TASK
Copy every line from the data below in which the string "commits" can be found.

SUPPLIED INFORMATION
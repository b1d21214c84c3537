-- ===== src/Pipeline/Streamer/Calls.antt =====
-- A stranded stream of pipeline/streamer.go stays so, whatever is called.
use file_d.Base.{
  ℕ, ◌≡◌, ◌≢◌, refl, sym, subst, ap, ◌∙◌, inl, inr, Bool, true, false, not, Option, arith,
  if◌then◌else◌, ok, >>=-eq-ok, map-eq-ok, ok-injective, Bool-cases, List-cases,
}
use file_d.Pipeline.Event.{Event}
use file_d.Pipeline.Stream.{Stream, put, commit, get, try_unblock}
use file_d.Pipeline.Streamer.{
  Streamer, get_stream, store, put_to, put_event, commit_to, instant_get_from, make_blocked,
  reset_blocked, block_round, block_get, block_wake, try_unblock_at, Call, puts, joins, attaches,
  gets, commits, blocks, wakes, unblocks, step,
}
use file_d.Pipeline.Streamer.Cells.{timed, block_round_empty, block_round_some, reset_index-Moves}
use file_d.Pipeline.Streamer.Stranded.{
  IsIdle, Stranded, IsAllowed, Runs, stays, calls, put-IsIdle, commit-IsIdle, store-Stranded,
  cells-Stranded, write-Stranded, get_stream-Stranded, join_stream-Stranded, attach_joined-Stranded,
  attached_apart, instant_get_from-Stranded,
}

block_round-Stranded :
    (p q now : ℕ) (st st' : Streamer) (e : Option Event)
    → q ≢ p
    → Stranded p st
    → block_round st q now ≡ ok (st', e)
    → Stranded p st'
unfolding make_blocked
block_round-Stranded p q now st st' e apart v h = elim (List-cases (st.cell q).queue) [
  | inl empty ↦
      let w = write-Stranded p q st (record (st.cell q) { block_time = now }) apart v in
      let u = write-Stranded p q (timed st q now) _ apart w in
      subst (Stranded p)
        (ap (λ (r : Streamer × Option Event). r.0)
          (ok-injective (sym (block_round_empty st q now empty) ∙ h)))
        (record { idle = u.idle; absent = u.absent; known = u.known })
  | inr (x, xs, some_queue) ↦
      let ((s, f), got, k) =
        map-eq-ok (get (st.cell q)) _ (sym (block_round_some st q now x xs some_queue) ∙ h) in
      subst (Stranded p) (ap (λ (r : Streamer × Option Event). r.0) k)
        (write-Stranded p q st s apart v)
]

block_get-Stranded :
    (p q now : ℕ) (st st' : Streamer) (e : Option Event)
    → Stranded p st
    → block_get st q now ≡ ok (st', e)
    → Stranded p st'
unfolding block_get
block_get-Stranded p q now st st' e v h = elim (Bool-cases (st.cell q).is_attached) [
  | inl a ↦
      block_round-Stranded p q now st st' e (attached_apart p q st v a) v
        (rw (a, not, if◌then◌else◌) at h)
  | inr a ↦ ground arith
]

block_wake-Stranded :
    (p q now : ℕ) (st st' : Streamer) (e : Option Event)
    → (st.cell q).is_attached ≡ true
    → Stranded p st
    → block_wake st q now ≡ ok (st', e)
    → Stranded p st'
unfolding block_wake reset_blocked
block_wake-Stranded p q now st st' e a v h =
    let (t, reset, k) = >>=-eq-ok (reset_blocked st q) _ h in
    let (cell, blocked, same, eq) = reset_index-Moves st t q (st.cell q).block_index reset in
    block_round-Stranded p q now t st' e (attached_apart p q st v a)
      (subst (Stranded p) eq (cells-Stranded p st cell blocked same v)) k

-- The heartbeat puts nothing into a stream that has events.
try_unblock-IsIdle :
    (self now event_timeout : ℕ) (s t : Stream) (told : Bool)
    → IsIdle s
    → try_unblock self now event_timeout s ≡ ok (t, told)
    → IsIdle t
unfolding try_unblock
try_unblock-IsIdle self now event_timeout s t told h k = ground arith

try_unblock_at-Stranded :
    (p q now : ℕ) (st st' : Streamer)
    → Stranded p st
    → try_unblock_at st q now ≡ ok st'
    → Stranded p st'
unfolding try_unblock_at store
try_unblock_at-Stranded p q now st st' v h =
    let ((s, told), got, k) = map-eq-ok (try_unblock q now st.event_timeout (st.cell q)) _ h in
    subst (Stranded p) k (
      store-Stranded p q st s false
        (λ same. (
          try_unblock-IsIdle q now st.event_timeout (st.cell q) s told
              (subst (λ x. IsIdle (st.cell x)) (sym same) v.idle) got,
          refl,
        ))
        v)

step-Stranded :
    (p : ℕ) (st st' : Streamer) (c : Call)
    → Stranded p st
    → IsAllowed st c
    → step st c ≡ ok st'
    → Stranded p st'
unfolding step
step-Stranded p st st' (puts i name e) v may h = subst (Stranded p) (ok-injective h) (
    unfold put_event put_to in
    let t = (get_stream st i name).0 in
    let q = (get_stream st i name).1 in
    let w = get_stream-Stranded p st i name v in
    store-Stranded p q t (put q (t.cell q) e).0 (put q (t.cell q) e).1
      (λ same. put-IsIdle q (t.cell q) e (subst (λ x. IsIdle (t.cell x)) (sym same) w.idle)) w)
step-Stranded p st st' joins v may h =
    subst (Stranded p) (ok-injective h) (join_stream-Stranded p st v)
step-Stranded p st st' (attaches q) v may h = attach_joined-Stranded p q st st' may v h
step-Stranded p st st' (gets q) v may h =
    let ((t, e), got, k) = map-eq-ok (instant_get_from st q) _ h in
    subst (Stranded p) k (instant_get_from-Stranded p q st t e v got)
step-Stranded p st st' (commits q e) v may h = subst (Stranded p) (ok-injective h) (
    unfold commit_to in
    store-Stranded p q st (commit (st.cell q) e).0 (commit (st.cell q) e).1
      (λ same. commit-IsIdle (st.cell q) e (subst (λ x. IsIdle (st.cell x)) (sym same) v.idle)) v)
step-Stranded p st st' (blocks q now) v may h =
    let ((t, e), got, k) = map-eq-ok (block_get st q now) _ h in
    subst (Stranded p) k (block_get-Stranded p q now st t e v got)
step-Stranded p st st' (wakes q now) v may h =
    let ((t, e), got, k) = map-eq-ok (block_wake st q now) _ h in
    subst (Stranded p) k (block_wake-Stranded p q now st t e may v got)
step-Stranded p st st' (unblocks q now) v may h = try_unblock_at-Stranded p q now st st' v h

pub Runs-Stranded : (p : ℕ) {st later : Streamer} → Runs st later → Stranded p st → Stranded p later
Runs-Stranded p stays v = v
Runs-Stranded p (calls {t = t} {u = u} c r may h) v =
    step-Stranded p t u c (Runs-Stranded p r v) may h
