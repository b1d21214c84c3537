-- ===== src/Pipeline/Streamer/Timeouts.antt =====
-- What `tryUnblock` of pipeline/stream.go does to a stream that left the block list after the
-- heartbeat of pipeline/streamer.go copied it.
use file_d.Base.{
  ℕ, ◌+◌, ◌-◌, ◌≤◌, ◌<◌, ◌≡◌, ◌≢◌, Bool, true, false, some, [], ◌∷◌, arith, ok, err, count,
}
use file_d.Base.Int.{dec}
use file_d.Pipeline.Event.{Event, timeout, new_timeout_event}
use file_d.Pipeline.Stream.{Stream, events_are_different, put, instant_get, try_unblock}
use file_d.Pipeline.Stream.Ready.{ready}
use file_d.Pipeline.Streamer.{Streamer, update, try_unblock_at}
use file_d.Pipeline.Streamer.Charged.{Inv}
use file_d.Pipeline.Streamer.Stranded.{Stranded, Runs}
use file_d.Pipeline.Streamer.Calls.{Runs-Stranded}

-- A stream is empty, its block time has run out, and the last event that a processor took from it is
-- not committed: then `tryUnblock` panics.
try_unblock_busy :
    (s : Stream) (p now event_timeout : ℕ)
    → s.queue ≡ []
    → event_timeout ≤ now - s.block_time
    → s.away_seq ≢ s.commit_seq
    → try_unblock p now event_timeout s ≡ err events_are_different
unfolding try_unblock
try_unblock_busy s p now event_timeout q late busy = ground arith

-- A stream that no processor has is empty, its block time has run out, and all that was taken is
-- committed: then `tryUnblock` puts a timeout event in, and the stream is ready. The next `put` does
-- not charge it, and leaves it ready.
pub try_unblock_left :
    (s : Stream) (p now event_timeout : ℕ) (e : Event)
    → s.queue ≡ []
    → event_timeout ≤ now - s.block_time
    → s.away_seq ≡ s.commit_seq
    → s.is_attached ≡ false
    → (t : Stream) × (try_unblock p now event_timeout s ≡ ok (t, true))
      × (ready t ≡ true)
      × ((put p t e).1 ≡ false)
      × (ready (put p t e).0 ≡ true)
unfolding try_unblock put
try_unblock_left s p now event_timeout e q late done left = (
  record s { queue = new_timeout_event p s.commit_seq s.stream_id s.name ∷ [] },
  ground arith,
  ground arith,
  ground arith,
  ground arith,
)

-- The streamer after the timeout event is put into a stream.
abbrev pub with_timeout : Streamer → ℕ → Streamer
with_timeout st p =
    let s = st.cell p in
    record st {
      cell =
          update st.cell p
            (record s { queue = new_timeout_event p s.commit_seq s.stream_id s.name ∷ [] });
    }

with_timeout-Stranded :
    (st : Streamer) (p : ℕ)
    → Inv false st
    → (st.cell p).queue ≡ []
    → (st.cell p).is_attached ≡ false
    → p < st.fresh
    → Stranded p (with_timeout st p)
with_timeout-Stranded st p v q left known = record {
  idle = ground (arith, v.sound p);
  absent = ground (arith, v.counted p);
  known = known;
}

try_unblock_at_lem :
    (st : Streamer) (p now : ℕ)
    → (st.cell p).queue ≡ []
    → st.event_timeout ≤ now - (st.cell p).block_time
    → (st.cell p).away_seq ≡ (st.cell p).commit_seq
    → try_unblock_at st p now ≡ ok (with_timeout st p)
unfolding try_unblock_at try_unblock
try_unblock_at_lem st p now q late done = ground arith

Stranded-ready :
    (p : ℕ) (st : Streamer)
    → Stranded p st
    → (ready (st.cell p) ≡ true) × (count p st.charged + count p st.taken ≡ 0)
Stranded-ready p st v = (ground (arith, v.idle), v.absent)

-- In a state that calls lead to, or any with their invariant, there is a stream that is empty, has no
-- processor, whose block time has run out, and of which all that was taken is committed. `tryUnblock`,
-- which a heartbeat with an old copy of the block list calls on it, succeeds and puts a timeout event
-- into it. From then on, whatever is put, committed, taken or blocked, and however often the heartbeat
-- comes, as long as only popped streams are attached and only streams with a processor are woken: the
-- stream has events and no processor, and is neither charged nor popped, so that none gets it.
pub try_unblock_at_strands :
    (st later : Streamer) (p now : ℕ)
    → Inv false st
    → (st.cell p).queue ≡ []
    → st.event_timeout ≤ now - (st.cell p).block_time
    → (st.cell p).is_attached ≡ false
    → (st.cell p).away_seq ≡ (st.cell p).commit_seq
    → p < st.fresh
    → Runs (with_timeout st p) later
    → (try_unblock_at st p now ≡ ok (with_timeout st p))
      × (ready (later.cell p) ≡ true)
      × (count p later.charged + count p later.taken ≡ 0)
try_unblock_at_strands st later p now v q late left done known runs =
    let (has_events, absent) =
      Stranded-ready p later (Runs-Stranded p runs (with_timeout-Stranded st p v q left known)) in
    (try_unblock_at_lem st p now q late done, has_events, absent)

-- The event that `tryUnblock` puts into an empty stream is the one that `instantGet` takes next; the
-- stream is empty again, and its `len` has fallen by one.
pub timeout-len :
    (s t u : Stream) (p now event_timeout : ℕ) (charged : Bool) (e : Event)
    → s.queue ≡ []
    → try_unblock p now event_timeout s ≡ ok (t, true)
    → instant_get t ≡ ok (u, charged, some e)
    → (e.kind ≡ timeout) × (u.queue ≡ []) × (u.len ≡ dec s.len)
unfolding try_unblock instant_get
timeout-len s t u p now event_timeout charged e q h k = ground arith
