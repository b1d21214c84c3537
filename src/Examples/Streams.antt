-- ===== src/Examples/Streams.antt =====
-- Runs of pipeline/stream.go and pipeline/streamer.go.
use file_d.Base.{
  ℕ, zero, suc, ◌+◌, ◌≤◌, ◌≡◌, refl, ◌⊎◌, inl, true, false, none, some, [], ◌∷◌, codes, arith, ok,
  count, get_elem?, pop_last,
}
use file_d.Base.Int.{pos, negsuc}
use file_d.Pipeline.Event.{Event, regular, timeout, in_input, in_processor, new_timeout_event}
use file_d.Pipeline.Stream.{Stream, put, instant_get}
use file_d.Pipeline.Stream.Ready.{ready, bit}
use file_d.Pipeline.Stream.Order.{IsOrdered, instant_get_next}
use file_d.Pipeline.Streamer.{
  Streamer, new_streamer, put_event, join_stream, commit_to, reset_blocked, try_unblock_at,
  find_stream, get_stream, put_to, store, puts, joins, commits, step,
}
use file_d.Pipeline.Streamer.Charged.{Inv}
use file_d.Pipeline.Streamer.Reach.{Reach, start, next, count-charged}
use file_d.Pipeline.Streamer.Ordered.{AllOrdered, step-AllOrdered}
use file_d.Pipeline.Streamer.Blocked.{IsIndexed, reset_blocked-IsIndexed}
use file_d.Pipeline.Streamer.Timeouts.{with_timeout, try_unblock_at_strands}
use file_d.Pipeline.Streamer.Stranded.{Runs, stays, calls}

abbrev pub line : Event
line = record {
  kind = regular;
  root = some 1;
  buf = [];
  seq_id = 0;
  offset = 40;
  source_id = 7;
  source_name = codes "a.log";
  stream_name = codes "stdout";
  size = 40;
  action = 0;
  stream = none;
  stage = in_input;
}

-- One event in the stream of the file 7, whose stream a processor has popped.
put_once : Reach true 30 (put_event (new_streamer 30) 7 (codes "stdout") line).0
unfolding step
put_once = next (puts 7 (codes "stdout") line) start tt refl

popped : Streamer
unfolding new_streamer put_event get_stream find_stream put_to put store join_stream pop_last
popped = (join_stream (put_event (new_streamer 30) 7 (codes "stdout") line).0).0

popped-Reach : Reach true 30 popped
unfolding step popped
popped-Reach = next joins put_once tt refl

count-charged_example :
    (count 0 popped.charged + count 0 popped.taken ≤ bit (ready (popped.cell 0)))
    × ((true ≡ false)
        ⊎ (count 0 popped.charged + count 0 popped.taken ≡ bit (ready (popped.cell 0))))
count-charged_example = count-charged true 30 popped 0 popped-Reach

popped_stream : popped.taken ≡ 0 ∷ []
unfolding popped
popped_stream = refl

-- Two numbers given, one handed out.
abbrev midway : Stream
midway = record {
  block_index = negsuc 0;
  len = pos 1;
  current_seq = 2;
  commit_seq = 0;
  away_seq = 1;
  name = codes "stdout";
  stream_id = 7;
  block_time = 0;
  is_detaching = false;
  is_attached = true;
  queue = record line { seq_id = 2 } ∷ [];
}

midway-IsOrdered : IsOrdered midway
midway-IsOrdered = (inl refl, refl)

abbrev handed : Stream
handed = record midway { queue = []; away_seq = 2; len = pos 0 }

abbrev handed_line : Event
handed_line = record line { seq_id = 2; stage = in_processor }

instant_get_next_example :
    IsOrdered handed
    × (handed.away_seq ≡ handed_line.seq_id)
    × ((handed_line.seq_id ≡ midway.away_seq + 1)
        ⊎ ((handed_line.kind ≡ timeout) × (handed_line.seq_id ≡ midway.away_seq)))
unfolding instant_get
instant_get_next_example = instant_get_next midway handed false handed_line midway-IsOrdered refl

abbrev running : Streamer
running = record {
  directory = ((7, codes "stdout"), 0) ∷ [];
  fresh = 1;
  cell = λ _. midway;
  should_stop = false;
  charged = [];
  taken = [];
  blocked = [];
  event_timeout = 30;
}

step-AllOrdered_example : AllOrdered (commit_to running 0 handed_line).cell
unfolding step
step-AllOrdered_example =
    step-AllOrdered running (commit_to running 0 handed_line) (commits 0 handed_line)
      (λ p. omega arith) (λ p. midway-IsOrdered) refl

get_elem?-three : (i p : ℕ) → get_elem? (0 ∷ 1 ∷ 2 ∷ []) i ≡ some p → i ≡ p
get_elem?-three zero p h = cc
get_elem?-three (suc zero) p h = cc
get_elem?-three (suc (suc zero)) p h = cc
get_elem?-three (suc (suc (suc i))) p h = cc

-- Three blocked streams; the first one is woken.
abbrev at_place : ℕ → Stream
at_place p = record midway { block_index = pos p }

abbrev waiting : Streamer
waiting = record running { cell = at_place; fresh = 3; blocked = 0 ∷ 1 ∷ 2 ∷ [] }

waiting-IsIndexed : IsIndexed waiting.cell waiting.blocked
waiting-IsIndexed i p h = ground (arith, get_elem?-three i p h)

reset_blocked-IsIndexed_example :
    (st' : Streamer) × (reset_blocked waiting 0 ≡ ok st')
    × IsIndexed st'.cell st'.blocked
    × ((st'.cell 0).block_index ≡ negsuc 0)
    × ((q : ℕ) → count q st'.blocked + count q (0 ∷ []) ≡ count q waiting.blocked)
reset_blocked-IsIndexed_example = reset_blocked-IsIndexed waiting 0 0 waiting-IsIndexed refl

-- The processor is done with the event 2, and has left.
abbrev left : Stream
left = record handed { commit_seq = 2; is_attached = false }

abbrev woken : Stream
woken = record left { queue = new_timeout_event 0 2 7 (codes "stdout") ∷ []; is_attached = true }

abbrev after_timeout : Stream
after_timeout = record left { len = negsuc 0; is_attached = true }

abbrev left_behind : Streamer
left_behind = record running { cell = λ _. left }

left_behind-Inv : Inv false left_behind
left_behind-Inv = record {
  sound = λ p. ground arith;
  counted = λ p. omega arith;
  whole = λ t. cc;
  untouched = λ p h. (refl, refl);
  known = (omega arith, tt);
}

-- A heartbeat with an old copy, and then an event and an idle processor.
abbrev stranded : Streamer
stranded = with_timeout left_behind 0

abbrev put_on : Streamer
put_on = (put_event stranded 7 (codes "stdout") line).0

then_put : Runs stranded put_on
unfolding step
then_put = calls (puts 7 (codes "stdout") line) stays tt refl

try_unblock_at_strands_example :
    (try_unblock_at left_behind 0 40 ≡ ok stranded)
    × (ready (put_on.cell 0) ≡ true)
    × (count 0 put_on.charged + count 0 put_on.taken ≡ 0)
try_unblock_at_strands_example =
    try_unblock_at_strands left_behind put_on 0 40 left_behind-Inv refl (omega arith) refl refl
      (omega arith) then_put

OUTPUT BELOW
  gets, commits, blocks, wakes, unblocks, step,
step-Stranded p st st' (commits q e) v may h = subst (Stranded p) (ok-injective h) (
  find_stream, get_stream, put_to, store, puts, joins, commits, step,
    step-AllOrdered running (commit_to running 0 handed_line) (commits 0 handed_line)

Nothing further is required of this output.